È un’altra notte da far passare. Una partita da vincere, in qualche modo e poi si vedrà. Nella ripresa emerge la qualità dei singoli che conosciamo (sempre loro), mentre come squadra, la sensazione che nessuno creda in cosa si stia facendo è sempre più palpabile. Entra Rafa a mezz’ora dalla fine e mostra tutto il repertorio pochi secondi dopo. Grande tecnica in area, bellissima combinazione con Reijnders e tiro che…vabbè. Il suo ingresso restituisce confidenza a Theo Hernandez che al minuto 67 brucia il campo per sessanta metri per poi creare abrasioni alle mani di Turati con la conclusione dal limite. Nel bene e nel male, sempre Rafa. A cinque dalla fine, salta tutto e tutti, dove non si può dribblare travolge ma ancora una volta, al momento del tiro, lo scavetto educato non è dei più felici. Peggio al 90esimo, quando riceve in area da Musah, si gira e la scaraventa sopra la traversa, nella ionosfera.
Questa storia che tutti gli attaccanti del Milan (eccetto il presidente degli States) non sappiano calciare in porta la trovo davvero inquietante. Menzione a parte per Alvaro Morata, giocatore troppo atipico, generoso (direbbero “d’altri tempi” i nostri genitori) per rientrare in qualunque categoria o definizione. Quando ha capito di che partita si trattava ha dato e preso una quantità di botte assurda, per un’ora e mezza, per vedersi fischiare il primo fallo a favore nel recupero. Saremo sempre in piedi ad applaudirlo.
“Sun is up, I’m a mess
Gotta get out now, gotta run from this
Here comes the shame, here comes the shame”

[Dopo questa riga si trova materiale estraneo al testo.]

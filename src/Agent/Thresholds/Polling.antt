-- ===== src/Agent/Thresholds/Polling.antt =====
-- What polling can do to the thresholds.
use vkr_public.Base.{
  String, ◌≡◌, true, Option, none, some, List, [], ◌∷◌, arith, ◌==◌, eqb, inl, inr, Bool-cases,
}
use vkr_public.Float64.{ltf, zero_f}
use vkr_public.Warn.{Warn, all_positive}
use vkr_public.Agent.Thresholds.{
  Thresholds, Response, take_warn, decoded_body, fetch, fetch_all, poll_config,
}

-- Thresholds that a sample can be compared with: positive numbers.
pub record IsUsable (t : Thresholds) : Type 0 where
  pub cpu_positive : ltf zero_f t.cpu ≡ true
  pub mem_positive : ltf zero_f t.mem ≡ true
  pub disk_positive : ltf zero_f t.disk ≡ true

take_warn-IsUsable : (o : Option Warn) (t : Thresholds) → IsUsable t → IsUsable (take_warn o t)
unfolding all_positive
take_warn-IsUsable none t u = u
take_warn-IsUsable (some c) t u = ground arith

fetch-IsUsable : (r : Response) (t : Thresholds) → IsUsable t → IsUsable (fetch r t)
unfolding fetch
fetch-IsUsable none t u = u
fetch-IsUsable (some (status, body)) t u = elim (Bool-cases (eqb status 200)) [
  | inl e ↦ rw e (take_warn-IsUsable (decoded_body body) t u)
  | inr e ↦ rw e u
]

fetch_all-IsUsable : (rs : List Response) (t : Thresholds) → IsUsable t → IsUsable (fetch_all rs t)
unfolding fetch_all
fetch_all-IsUsable [] t u = u
fetch_all-IsUsable (r ∷ rs) t u = fetch_all-IsUsable rs (fetch r t) (fetch-IsUsable r t u)

-- Whatever the configuration service answers, the agent's thresholds stay positive numbers.
pub poll_config-IsUsable :
    (api_url : String) (responses : List Response) (t : Thresholds)
    → IsUsable t
    → IsUsable (poll_config api_url responses t)
unfolding poll_config
poll_config-IsUsable api_url responses t u = elim (Bool-cases (api_url == "")) [
  | inl e ↦ rw e u
  | inr e ↦ rw e (fetch_all-IsUsable responses t u)
]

Come dopo ogni notte di eccessi, i risvegli son sempre difficili. Al sorgere del sole arrivano verità ineludibili, rimorsi e un po’ di vergogna. Assieme alla consapevolezza che la sofferenza non è stata alleviata ma nascosta da una vittoria di marca scadente.
“Ciao, mi chiamo AC Milan, ho 125 anni e devo davvero smettere di bere”.